Stored dataset items -
+++
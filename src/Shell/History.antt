-- ===== src/Shell/History.antt =====
-- The ring of past lines (src/tetrish/cmdline.c): `history`, `hist_up`, `hist_down`, `hist_free`.
pub mod Recall
use corestack_peky.Common.{
  ℕ, zero, suc, ◌+◌, ◌-◌, ◌*◌, ◌%◌, ◌<◌, ◌≤◌, ◌≡◌, ◌⊎◌, inl, inr, refl, arith, update, List, [],
  ◌∷◌, Option, none, some, Bool, true, false, ltb, ◌==◌, if◌then◌else◌, length, sym, ◌∙◌,
}

abbrev pub hist_cap : ℕ
hist_cap = 128

-- `hlen`, `hhead`, `hcur` and the array `hist`; `none` is NULL.
pub record History : Type 0 where
  pub hist : ℕ → Option (List ℕ)
  pub hlen : ℕ
  pub hhead : ℕ
  pub hcur : ℕ

abbrev pub empty_history : History
empty_history = record { hist = λ i. none; hlen = 0; hhead = 0; hcur = 0 }

unfoldable pub history : List ℕ → History → History
history [] h = h
history (c ∷ line) h = record {
  hist = update h.hist h.hhead (some (c ∷ line));
  hlen = if ltb h.hlen hist_cap then h.hlen + 1 else h.hlen;
  hhead = (h.hhead + 1) % hist_cap;
  hcur = (h.hhead + 1) % hist_cap;
}

unfoldable pub hist_up : History → History × Option (List ℕ)
hist_up h =
    let next = (h.hcur + 127) % hist_cap in
    if h.hlen == 0
    then (h, none)
    else if next == h.hhead
    then (h, none)
    else (record h { hcur = next }, h.hist next)

unfoldable pub hist_down : History → History × Option (List ℕ)
hist_down h =
    let next = (h.hcur + 1) % hist_cap in
    if h.hcur == h.hhead
    then (h, none)
    else (record h { hcur = next }, if next == h.hhead then some [] else h.hist next)

-- The loop frees every slot and leaves the pointers; nothing reads them again.
unfoldable pub hist_free : History → History
hist_free h = record h { hlen = 0; hhead = 0; hcur = 0 }

-- `hist_up` n times: where the cursor is then.
abbrev pub ups : ℕ → History → History
ups zero h = h
ups (suc n) h = (hist_up (ups n h)).0

-- The line that was entered `k` lines before the last one.
abbrev pub recent : History → ℕ → Option (List ℕ)
recent h k = h.hist ((h.hhead + 127 - k) % hist_cap)

-- The history of a list of lines, the last one first.
abbrev pub enter : List (List ℕ) → History
enter [] = empty_history
enter (line ∷ lines) = history line (enter lines)

abbrev pub nonempty : List (List ℕ) → List (List ℕ)
nonempty [] = []
nonempty ([] ∷ lines) = nonempty lines
nonempty ((c ∷ line) ∷ lines) = (c ∷ line) ∷ nonempty lines

abbrev pub get : List (List ℕ) → ℕ → Option (List ℕ)
get [] k = none
get (line ∷ lines) zero = some line
get (line ∷ lines) (suc k) = get lines k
+++
Exercise prompt - Set apart and copy each line of the records that holds the word "antt".

Answer -
filename src/Shell/History.antt
-- ===== src/Shell/History.antt =====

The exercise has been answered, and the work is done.